DATA EXTRACT:

-- ===== src/TodySend/Once.antt =====
-- What `execute_send` of app/agents/tody_agent.py sends, and how often.
use tachy_cognitive_ai_agent.Common.{
  ℕ, ◌≡◌, ◌≢◌, refl, ap, sym, ◌∙◌, ◌⊎◌, inl, inr, true, Bool-cases, ◌&&◌, Option, none, some, List,
  [], ◌∷◌, ◌++◌, arith, eq_iff, str_eq, opt_str_eq, opt_str_eq_iff,
}
use mathlib.Core.Option.{some-injective}
use tachy_cognitive_ai_agent.Common.Text.{codes}
use tachy_cognitive_ai_agent.Database.{TableOps, IsLawful}
use tachy_cognitive_ai_agent.Safety.Gate.{Settings, evaluate}
use tachy_cognitive_ai_agent.Safety.World.{
  pending, approved, Approval, World, Outcome, returned, raised, session, log_event, ◌>>=◌,
}
use tachy_cognitive_ai_agent.Safety.Keeps.{continue}
use tachy_cognitive_ai_agent.Safety.Approvals.{
  Request, Change, is_pending, is_approved, claim_execution, get_approval, request_approval,
}
use tachy_cognitive_ai_agent.Safety.Approvals.Rows.{Op, is_broken, run}
use tachy_cognitive_ai_agent.Safety.Approvals.Claims.{is_claimed}
use tachy_cognitive_ai_agent.Safety.Approvals.History.{Evolves, run-Evolves}
use tachy_cognitive_ai_agent.ActionEngine.Settled.{Settled, is_spent}
use tachy_cognitive_ai_agent.ActionEngine.Once.{calls-claim_execution, claim-Settled, run_spent}
use tachy_cognitive_ai_agent.TodySend.{
  Message, Payloads, send_fields, send_payload, Services, send_action, after_claim, send_bound,
  send_row, execute_send, request_send,
}
use tachy_cognitive_ai_agent.TodySend.Claimed.{IsContained, Settled-send_claimed}

-- The payload tells the message.
send_payload_inj : (P : Payloads) (n m : Message) → send_payload P n ≡ send_payload P m → n ≡ m
unfolding send_payload
send_payload_inj P n m h =
    let same =
      some-injective (send_fields n) (send_fields m)
        (sym (P.loads-dumps (send_fields n)) ∙ ap P.loads h ∙ P.loads-dumps (send_fields m)) in
    ground (arith, same)

module _ {T : TableOps Approval} (P : Payloads) (i : ℕ) (m : Message) where
  -- What a run of `execute_send` did: it handed no message to the client, or exactly `m`, where the
  -- approval was an approved one that binds `m`, and is now spent.
  pub data Sent (w w' : World T Message) : Type 0 where
    nothing : w'.calls ≡ w.calls → Sent w w'
    authorised :
        (row : Approval)
        → T.get w.approvals i ≡ some row
        → row.status ≡ approved
        → row.action ≡ send_action
        → row.payload ≡ some (send_payload P m)
        → Settled i (w.calls ++ m ∷ []) w'
        → Sent w w'

module _ {T : TableOps Approval} (L : IsLawful T) (P : Payloads) (S : Services T)
    (H : IsContained S) (i : ℕ) (m : Message) where
  Sent-after_claim :
      (row : Approval) (w w' : World T Message) (o : Outcome Change)
      → T.get w.approvals i ≡ some row
      → row.status ≡ approved
      → row.action ≡ send_action
      → row.payload ≡ some (send_payload P m)
      → w'.calls ≡ w.calls
      → (is_claimed o ≡ true → Settled i w.calls w')
      → Sent P i m w (continue o (after_claim P S i m) w').1
  unfolding after_claim
  Sent-after_claim row w w' (raised e) h s a p c k = nothing c
  Sent-after_claim row w w' (returned x) h s a p c k = elim (Bool-cases x.changed) [
    | inl e ↦ rw e (authorised row h s a p ((Settled-send_claimed L P S H i w.calls m).at w' (k e)))
    | inr e ↦ rw e (nothing c)
  ]

  Sent-send_bound :
      (row : Approval) (w : World T Message)
      → T.get w.approvals i ≡ some row
      → row.status ≡ approved
      → row.action ≡ send_action
      → Sent P i m w (send_bound P S i m row w).1
  unfolding send_bound log_event
  Sent-send_bound row w h s a =
      elim (Bool-cases (opt_str_eq row.payload (some (send_payload P m)))) [
        | inr e ↦ rw (e, send_bound) (nothing (ground arith))
        | inl e ↦
            let p = (opt_str_eq_iff row.payload (some (send_payload P m))).0 e in
            let (o, w') = claim_execution i send_action (some (send_payload P m)) w in
            rw (e, send_bound)
              (Sent-after_claim row w w' o h s a p
                (calls-claim_execution L i send_action (some (send_payload P m)) w)
                (claim-Settled L i send_action (some (send_payload P m)) w row h))
      ]

  Sent-send_row :
      (w : World T Message) (o : Option Approval)
      → T.get w.approvals i ≡ o
      → Sent P i m w (send_row P S i m o w).1
  unfolding send_row
  Sent-send_row w none h = nothing refl
  Sent-send_row w (some row) h = elim (Bool-cases (is_pending row.status)) [
    | inl e ↦ rw (e, send_row) (nothing refl)
    | inr e ↦ elim (Bool-cases (is_approved row.status && str_eq row.action send_action)) [
      | inr f ↦ rw (e, send_row) (rw f (nothing refl))
      | inl f ↦
          rw (e, send_row)
            (rw f (
              Sent-send_bound row w h (ground (arith, f))
                (ground (arith, f, eq_iff row.action send_action))))
    ]
  ]

  Sent-from :
      (w w' v : World T Message)
      → w'.approvals ≡ w.approvals
      → w'.calls ≡ w.calls
      → Sent P i m w' v
      → Sent P i m w v
  Sent-from w w' v a c (nothing n) = nothing (n ∙ c)
  Sent-from w w' v a c (authorised row h s b p e) =
      authorised row (ap (λ t. T.get t i) (sym a) ∙ h) s b p (record {
        calls = e.calls ∙ ap (λ (l : List Message). l ++ m ∷ []) c;
        row = e.row;
        at = e.at;
        spent = e.spent;
      })

  -- On a lawful table, with services that are contained (`IsContained`), whatever fails on the way:
  -- a run of `execute_send` hands no message to the client, or exactly the one that it is given,
  -- where the approval is an approved `send_message` with the payload of that message; and then the
  -- approval is spent.
  pub execute_send-Sent : (w : World T Message) → Sent P i m w (execute_send P S i m w).1
  unfolding execute_send get_approval session
  execute_send-Sent w = elim (Bool-cases (is_broken w)) [
    | inl e ↦ rw (e, ◌>>=◌) (nothing (ground (arith, e)))
    | inr e ↦
        rw (e, ◌>>=◌)
          (let w' = (get_approval i w).1 in
            Sent-from w w' _ (ground (arith, e)) (ground (arith, e))
              (Sent-send_row w' (T.get w.approvals i) (ground (arith, e))))
  ]

module _ {T : TableOps Approval} (L : IsLawful T) (P : Payloads) (S : Services T)
    (H : IsContained S) (i : ℕ) where
  unsent :
      (m : Message) (w v : World T Message) (r : Approval)
      → Sent P i m w v
      → T.get w.approvals i ≡ some r
      → is_spent r.status ≡ true
      → v.calls ≡ w.calls
  unsent m w v r (nothing c) h s = c
  unsent m w v r (authorised row g a b p e) h s = absurd (ground arith)

  unsent_again :
      (m n : Message) (w v : World T Message) (ops : List Op)
      → Sent P i m w v
      → v.calls ≢ w.calls
      → let u = run ops v in (execute_send P S i n u).1.calls ≡ u.calls
  unsent_again m n w v ops (nothing c) d = absurd (d c)
  unsent_again m n w v ops (authorised row g a b p e) d =
      let u = run ops v in
      let (r, h, s) = run_spent L i ops v e.row e.at e.spent in
      unsent n u _ r (execute_send-Sent L P S H i n u) h s

  -- An approval sends one message, on a lawful table and with contained services: once a run of
  -- `execute_send` on it has handed a message to the client, and whatever operations of the store
  -- follow, a second run on it hands none, be it the same message or another.
  pub sends_once :
      (w : World T Message) (m n : Message) (ops : List Op)
      → (execute_send P S i m w).1.calls ≢ w.calls
      → let v = run ops (execute_send P S i m w).1 in (execute_send P S i n v).1.calls ≡ v.calls
  sends_once w m n ops d = unsent_again m n w _ ops (execute_send-Sent L P S H i m w) d

module _ {T : TableOps Approval} (L : IsLawful T) (P : Payloads) (settings : Settings) where
  abbrev new_row : Message → World T Message → Approval
  new_row m w = record {
    action = send_action;
    payload = some (send_payload P m);
    risk_tier = (evaluate settings (codes send_action)).tier;
    status = pending;
    requested_at = w.clock;
    decided_at = none;
    execution_started_at = none;
    execution_completed_at = none;
  }

  queued :
      (m : Message) (w : World T Message) (req : Request)
      → (request_send P settings m w).0 ≡ returned req
      → T.get (request_send P settings m w).1.approvals req.id ≡ some (new_row m w)
  unfolding request_send request_approval session log_event
  queued m w req h =
      let row = new_row m w in
      ground (arith, L.get-insert row w.approvals (T.insert row w.approvals).0)

module _ {T : TableOps Approval} (L : IsLawful T) (P : Payloads) (settings : Settings)
    (S : Services T) (H : IsContained S) where
  as_queued :
      (m n : Message) (req : Request) (u v x : World T Message) (r r' : Approval)
      → r.payload ≡ some (send_payload P m)
      → Evolves r r'
      → T.get v.approvals req.id ≡ some r'
      → Sent P req.id n v x
      → (x.calls ≡ v.calls) ⊎ ((n ≡ m) × (x.calls ≡ v.calls ++ m ∷ []))
  as_queued m n req u v x r r' p e h (nothing c) = inl c
  as_queued m n req u v x r r' p e h (authorised row g a b q settled) =
      let same =
        some-injective (send_payload P n) (send_payload P m) (ground (arith, e.payload, p, q)) in
      let same_message = send_payload_inj P n m same in
      inr (same_message, settled.calls ∙ ap (λ (k : Message). v.calls ++ k ∷ []) same_message)

  -- What is sent is what was queued for approval, on a lawful table and with contained services:
  -- after a message has been queued, and whatever operations of the store follow, a run of
  -- `execute_send` on its approval hands nothing to the client, or exactly the queued message, and
  -- this only if it was asked to send that very message: to the same conversation, with the same
  -- body and parent.
  pub sends_as_queued :
      (m n : Message) (w : World T Message) (req : Request) (ops : List Op)
      → (request_send P settings m w).0 ≡ returned req
      → let v = run ops (request_send P settings m w).1 in
        let x = (execute_send P S req.id n v).1 in
        (x.calls ≡ v.calls) ⊎ ((n ≡ m) × (x.calls ≡ v.calls ++ m ∷ []))
  sends_as_queued m n w req ops h =
      let u = (request_send P settings m w).1 in
      let row = new_row L P settings m w in
      let (r, g, e) = run-Evolves L ops u req.id row (queued L P settings m w req h) in
      as_queued m n req u (run ops u) _ row r refl e g
        (execute_send-Sent L P S H req.id n (run ops u))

PROBLEM DETAILS: Taking the material above, extract exactly and only the lines from the line with "(row : Approval) (w w'" to the line with "elim (Bool-cases (opt_str_eq", inclusive of both.

TASK ANSWER:
      (row : Approval) (w w' : World T Message) (o : Outcome Change)
      → T.get w.approvals i ≡ some row
      → row.status ≡ approved
      → row.action ≡ send_action
      → row.payload ≡ some (send_payload P m)
      → w'.calls ≡ w.calls
      → (is_claimed o ≡ true → Settled i w.calls w')
      → Sent P i m w (continue o (after_claim P S i m) w').1
  unfolding after_claim
  Sent-after_claim row w w' (raised e) h s a p c k = nothing c
  Sent-after_claim row w w' (returned x) h s a p c k = elim (Bool-cases x.changed) [
    | inl e ↦ rw e (authorised row h s a p ((Settled-send_claimed L P S H i w.calls m).at w' (k e)))
    | inr e ↦ rw e (nothing c)
  ]

  Sent-send_bound :
      (row : Approval) (w : World T Message)
      → T.get w.approvals i ≡ some row
      → row.status ≡ approved
      → row.action ≡ send_action
      → Sent P i m w (send_bound P S i m row w).1
  unfolding send_bound log_event
  Sent-send_bound row w h s a =
      elim (Bool-cases (opt_str_eq row.payload (some (send_payload P m)))) [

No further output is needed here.